PROBLEM DESCRIPTION: Your answer should be every line of the records that contains the word "keep", copied as it stands.

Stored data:
-- ===== src/Lint/Finalize.antt =====
-- src/lint.rs: `finalize_diagnostics`.
use bbtidy.Base.{
  ℕ, ◌+◌, Option, none, some, Bool, true, false, not, ◌&&◌, ◌||◌, List, [], ◌∷◌, ◌++◌, is_some, ltb,
  ◌==◌, if◌then◌else◌,
}
use bbtidy.Base.Sorting.{sort_by}
use bbtidy.Text.{Text, text, text_eq}
use bbtidy.Text.Maps.{text_lt}
use bbtidy.Lint.Rules.{LintRule, error}
use bbtidy.Lint.Options.{LintDiagnostic, LintOptions, is_enabled, severity_for, diagnostic_at}
use bbtidy.Lint.Suppression.{
  SuppressionKind, same_line, next_line, file, SuppressionDirective, parse_suppression_directives,
}

-- `retain`
unfoldable pub retain {ℓ} : {A : Type ℓ} → (A → Bool) → List A → List A
retain keep [] = []
retain keep (x ∷ xs) = let rest = retain keep xs in if keep x then x ∷ rest else rest

unfoldable pub set_severities : LintOptions → List LintDiagnostic → List LintDiagnostic
set_severities options [] = []
set_severities options (d ∷ ds) =
    record d { severity = severity_for options d } ∷ set_severities options ds

abbrev pub kind_matches : SuppressionKind → ℕ → ℕ → Bool
kind_matches same_line line diagnostic_line = line == diagnostic_line
kind_matches next_line line diagnostic_line = line + 1 == diagnostic_line
kind_matches file line diagnostic_line = true

abbrev pub names_rule : Option Text → Text → Bool
names_rule none rule_id = false
names_rule (some named) rule_id = text_eq named rule_id

-- The condition of `find`.
abbrev pub matches_finding : LintDiagnostic → SuppressionDirective → Bool
matches_finding d s =
    not (is_some s.problem) && names_rule s.rule_id d.rule_id && kind_matches s.kind s.line d.line

-- The first directive that matches, marked as used, with its reason.
unfoldable pub use_directive :
    LintDiagnostic → List SuppressionDirective → Option (Option Text × List SuppressionDirective)
use_directive d [] = none
use_directive d (s ∷ ss) =
    let later = use_directive d ss in
    if matches_finding d s
    then some (s.reason, record s { used = true } ∷ ss)
    else elim later [ none ↦ none | some found ↦ some (found.0, s ∷ found.1) ]

abbrev pub suppress :
    LintDiagnostic → Option (Option Text × List SuppressionDirective) → LintDiagnostic
suppress d none = d
suppress d (some found) = record d { suppressed = true; suppression_reason = found.0 }

abbrev pub directives_after :
    List SuppressionDirective
    → Option (Option Text × List SuppressionDirective)
    → List SuppressionDirective
directives_after ss none = ss
directives_after ss (some found) = found.1

unfoldable pub apply_directives :
    List LintDiagnostic
    → List SuppressionDirective
    → List LintDiagnostic × List SuppressionDirective
unfolding use_directive
apply_directives [] ss = ([], ss)
apply_directives (d ∷ ds) ss =
    let found = use_directive d ss in
    let rest = apply_directives ds (directives_after ss found) in
    (suppress d found ∷ rest.0, rest.1)

-- `LINT_RULES[RULE_SUPPRESSION]`
abbrev pub rule_suppression : LintRule
rule_suppression = record {
  id = text "BBT038";
  name = text "suppression";
  severity = error;
  description =
      text
        "Inline lint suppressions must name known rules, include a reason, and suppress a finding.";
  fixable = false;
}

abbrev pub unused_message : Option Text → Text
unused_message rule_id =
    text "unused suppression for "
    ++ elim rule_id [ none ↦ text "unknown rule" | some named ↦ named ]
    ++ text "; remove it or attach it to a matching finding"

-- What is reported of one directive, if anything.
unfoldable pub directive_message : SuppressionDirective → Option Text
directive_message s = elim s.problem [
  | some message ↦ some message
  | none ↦ if not s.used then some (unused_message s.rule_id) else none
]

unfoldable pub suppression_diagnostics : Text → List SuppressionDirective → List LintDiagnostic
unfolding directive_message
suppression_diagnostics source [] = []
suppression_diagnostics source (s ∷ ss) = elim (directive_message s) [
  | none ↦ suppression_diagnostics source ss
  | some message ↦
      diagnostic_at rule_suppression source s.span message ∷ suppression_diagnostics source ss
]

-- The order of `(line, column, rule_id)`.
abbrev pub reported_before : LintDiagnostic → LintDiagnostic → Bool
reported_before a b =
    ltb a.line b.line
    || ((a.line == b.line)
        && (ltb a.column b.column || ((a.column == b.column) && not (text_lt b.rule_id a.rule_id))))

unfoldable pub finalize_diagnostics : List LintDiagnostic → Text → LintOptions → List LintDiagnostic
unfolding set_severities apply_directives suppression_diagnostics
finalize_diagnostics diagnostics source options =
    let chosen =
      set_severities options
        (retain (λ (d : LintDiagnostic). is_enabled options d.rule_id) diagnostics) in
    let (applied, directives) = apply_directives chosen (parse_suppression_directives source).0 in
    sort_by reported_before (
      retain (λ (d : LintDiagnostic). not d.suppressed || options.show_suppressed) applied
      ++ suppression_diagnostics source directives)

TASK RESULT:
retain keep [] = []
retain keep (x ∷ xs) = let rest = retain keep xs in if keep x then x ∷ rest else rest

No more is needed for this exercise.